----- Data under study
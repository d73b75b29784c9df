-- ===== src/Server/WireFormat/Reference.antt =====
-- A parser that cuts a line at its separators, part by part, where the server's makes one pass with
-- positions. It says what each malformed line is told.
pub mod Agrees
use package_index.Base.{
  ℕ, Bool, true, false, ◌||◌, none, some, List, [], ◌∷◌, Bytes, Name, ◌==◌, nat_eq, bytes_eq,
  if◌then◌else◌,
}
use package_index.Base.Sets.{contains}
use package_index.Base.Text.{split}
use package_index.Server.WireFormat.{
  Message, Parsed, returns, must_end_in_newline, too_few_pipes, comma_in_package, pipe_in_package,
  empty_package, no_message, depend, ends_in_newline, parse_message,
}

-- What stands before the first byte that passes the test, and the rest from that byte on.
unfoldable pub cut : (ℕ → Bool) → Bytes → Bytes × Bytes
cut stops [] = ([], [])
cut stops (c ∷ b) =
    let (before, rest) = cut stops b in if stops c then ([], c ∷ b) else (c ∷ before, rest)

-- The names up to the first that is empty are in the set also beside the error.
unfoldable pub add_names : Message → Name × List Name → Parsed
add_names m (d, []) = if d == [] then returns m (some empty_package) else returns (depend m d) none
add_names m (d, e ∷ ds) =
    let next = add_names (depend m d) (e, ds) in
    if d == [] then returns m (some empty_package) else next

unfoldable pub after_second_pipe : Message → Bytes → Parsed
after_second_pipe m [] = returns m none
after_second_pipe m (c ∷ b) =
    if contains (c ∷ b) b'|'
    then returns m (some pipe_in_package)
    else add_names (record m { dependencies = some [] }) (split b',' [] (c ∷ b))

-- A package's name, and the line from the byte behind it.
unfoldable pub after_package : Message → Name × Bytes → Parsed
after_package m (pkg, []) = returns m (some too_few_pipes)
after_package m (pkg, c ∷ b) =
    if c == b','
    then returns m (some comma_in_package)
    else if pkg == []
    then returns m (some empty_package)
    else after_second_pipe (record m { pkg = pkg }) b

abbrev pub ends_package : ℕ → Bool
ends_package c = c == b',' || c == b'|'

unfoldable pub after_command : Bytes × Bytes → Parsed
after_command (command, []) = returns no_message (some too_few_pipes)
after_command (command, c ∷ b) =
    after_package (record no_message { command = command }) (cut ends_package b)

unfoldable pub parse_line : Bytes → Parsed
parse_line line = after_command (cut (λ c. c == b'|') line)

-- Only the first line counts.
unfoldable pub parse_by_parts : Bytes → Parsed
parse_by_parts b =
    if ends_in_newline b
    then parse_line (cut (λ c. c == b'\n') b).0
    else returns no_message (some must_end_in_newline)
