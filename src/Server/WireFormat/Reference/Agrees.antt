-- ===== src/Server/WireFormat/Reference/Agrees.antt =====
-- The server's parser gives what the parser by parts gives.
use package_index.Base.{
  ℕ, suc, Bool, true, false, some, [], ◌∷◌, ◌++◌, ◌≡◌, ◌∙◌, refl, ap, All, Bytes, arith, ◌==◌,
  nat_eq, bytes_eq, if◌then◌else◌, append_assoc, append-nil, Bool-cases, inl, inr,
}
use package_index.Base.Sets.{contains}
use package_index.Base.Text.{split}
use package_index.Server.WireFormat.{
  Message, Parsed, empty_package, pipe_in_package, returns, Scan, commas, pipe, collect,
  count_commas, after_scan, scan_dependencies, scan_package, scan_command, no_message, depend,
  ends_in_newline, parse_message,
}
use package_index.Server.WireFormat.Reference.{
  cut, add_names, after_second_pipe, after_package, ends_package, after_command, parse_line,
  parse_by_parts,
}

abbrev IsInLine : ℕ → Type 0
IsInLine c = (c == b'\n') ≡ false

-- A line `body` as the parser meets it, with its newline and what may follow.
abbrev ended : Bytes → Bytes → Bytes
ended body tail = body ++ (b'\n' ∷ tail)

collect-add_names :
    (m : Message) (seen body tail : Bytes)
    → All IsInLine body
    → collect m seen (ended body tail) ≡ add_names m (split b',' seen body)
unfolding collect add_names split
collect-add_names m seen [] tail h = refl
collect-add_names m seen (c ∷ body) tail h = elim (Bool-cases (c == b',')) [
  | inl comma ↦
      rw (h.0, comma)
        (ap (λ (x : Parsed). if seen == [] then returns m (some empty_package) else x)
          (collect-add_names (depend m seen) [] body tail h.1))
  | inr letter ↦ rw (h.0, letter) (collect-add_names m (seen ++ c ∷ []) body tail h.1)
]

abbrev IsCount : Bool → Scan → Type 0
IsCount true s = s ≡ pipe
IsCount false s = (n : ℕ) × (s ≡ commas n)

count_commas-IsCount :
    (body tail : Bytes) (n : ℕ)
    → All IsInLine body
    → IsCount (contains body b'|') (count_commas n (ended body tail))
unfolding count_commas contains
count_commas-IsCount [] tail n h = (n, refl)
count_commas-IsCount (c ∷ body) tail n h = elim (Bool-cases (c == b'|')) [
  | inl p ↦ rw p refl
  | inr other ↦
      rw (other, h.0) (count_commas-IsCount body tail (if c == b',' then suc n else n) h.1)
]

after_scan-IsCount :
    (m : Message) (b : Bytes) (s : Scan) (has_pipe : Bool)
    → IsCount has_pipe s
    → after_scan m b s ≡ (
        if has_pipe
        then returns m (some pipe_in_package)
        else collect (record m { dependencies = some [] }) [] b)
unfolding after_scan
after_scan-IsCount m b s true e = rw e refl
after_scan-IsCount m b s false (n, e) = rw e refl

scan_dependencies-cut :
    (m : Message) (body tail : Bytes)
    → All IsInLine body
    → scan_dependencies m (ended body tail) ≡ after_second_pipe m body
unfolding scan_dependencies after_second_pipe
scan_dependencies-cut m [] tail h = refl
scan_dependencies-cut m (c ∷ body) tail h = rw h.0 (
    after_scan-IsCount m _ _ (contains (c ∷ body) b'|') (count_commas-IsCount (c ∷ body) tail 0 h)
    ∙ ap (λ (x : Parsed). if contains (c ∷ body) b'|' then returns m (some pipe_in_package) else x)
        (collect-add_names (record m { dependencies = some [] }) [] (c ∷ body) tail h))

-- The loop has seen the part of the name that it would cut off.
scan_package-cut :
    (m : Message) (seen body tail : Bytes)
    → All IsInLine body
    → scan_package m seen (ended body tail)
      ≡ after_package m (seen ++ (cut ends_package body).0, (cut ends_package body).1)
unfolding scan_package after_package cut
scan_package-cut m seen [] tail h = refl
scan_package-cut m seen (c ∷ body) tail h = elim (Bool-cases (c == b',')) [
  | inl comma ↦ rw (h.0, comma, after_package) (rw comma refl)
  | inr part ↦
      rw (h.0, part)
        (elim (Bool-cases (c == b'|')) [
          | inl bar ↦
              rw (bar, part, append-nil)
                (ap (λ (x : Parsed). if seen == [] then returns m (some empty_package) else x)
                  (scan_dependencies-cut (record m { pkg = seen }) body tail h.1))
          | inr letter ↦ rw letter (
              scan_package-cut m (seen ++ c ∷ []) body tail h.1
              ∙ ap (λ (x : Bytes). after_package m (x, (cut ends_package body).1))
                  (append_assoc seen (c ∷ []) (cut ends_package body).0))
        ])
]

scan_command-cut :
    (seen body tail : Bytes)
    → All IsInLine body
    → scan_command seen (ended body tail)
      ≡ after_command (seen ++ (cut (λ c. c == b'|') body).0, (cut (λ c. c == b'|') body).1)
unfolding scan_command after_command cut
scan_command-cut seen [] tail h = refl
scan_command-cut seen (c ∷ body) tail h = elim (Bool-cases (c == b'|')) [
  | inl bar ↦
      rw (h.0, bar, append-nil)
        (scan_package-cut (record no_message { command = seen }) [] body tail h.1)
  | inr letter ↦
      rw (h.0, letter)
        (scan_command-cut (seen ++ c ∷ []) body tail h.1
          ∙ ap (λ (x : Bytes). after_command (x, (cut (λ c. c == b'|') body).1))
              (append_assoc seen (c ∷ []) (cut (λ c. c == b'|') body).0))
]

cut-IsInLine : (b : Bytes) → All IsInLine (cut (λ c. c == b'\n') b).0
unfolding cut
cut-IsInLine [] = tt
cut-IsInLine (c ∷ b) = elim (Bool-cases (c == b'\n')) [
  | inl newline ↦ rw newline tt
  | inr letter ↦ rw letter (letter, cut-IsInLine b)
]

-- What ends in a newline is its first line with the newline, and some rest.
ended-cut :
    (b : Bytes)
    → ends_in_newline b ≡ true
    → (tail : Bytes) × (b ≡ ended (cut (λ c. c == b'\n') b).0 tail)
unfolding cut ends_in_newline
ended-cut [] h = cc
ended-cut (c ∷ []) h = ([], rw h (ground arith))
ended-cut (c ∷ d ∷ b) h = elim (Bool-cases (c == b'\n')) [
  | inl newline ↦ rw newline (d ∷ b, ground arith)
  | inr letter ↦ let (tail, e) = ended-cut (d ∷ b) h in rw letter (tail, ap (◌∷◌ c) e)
]

-- On every sequence of bytes `parseMessage` gives what the parser by parts gives: the same message, or
-- the same error with the same message filled in beside it.
pub parse_message-parse_by_parts : (b : Bytes) → parse_message b ≡ parse_by_parts b
unfolding parse_message parse_by_parts parse_line
parse_message-parse_by_parts b = elim (Bool-cases (ends_in_newline b)) [
  | inl ends ↦
      let (tail, e) = ended-cut b ends in
      rw ends (
        ap (scan_command []) e
        ∙ scan_command-cut [] (cut (λ c. c == b'\n') b).0 tail (cut-IsInLine b))
  | inr no_end ↦ rw no_end refl
]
----------
* The task
Copy the stretch of the records above that runs from the line with "unfoldable pub add_names" through the line with "if d == [] then returns m (some empty_package) else next". Both end lines belong in the copy, and nothing else does.

* Result
unfoldable pub add_names : Message → Name × List Name → Parsed
add_names m (d, []) = if d == [] then returns m (some empty_package) else returns (depend m d) none
add_names m (d, e ∷ ds) =
    let next = add_names (depend m d) (e, ds) in
    if d == [] then returns m (some empty_package) else next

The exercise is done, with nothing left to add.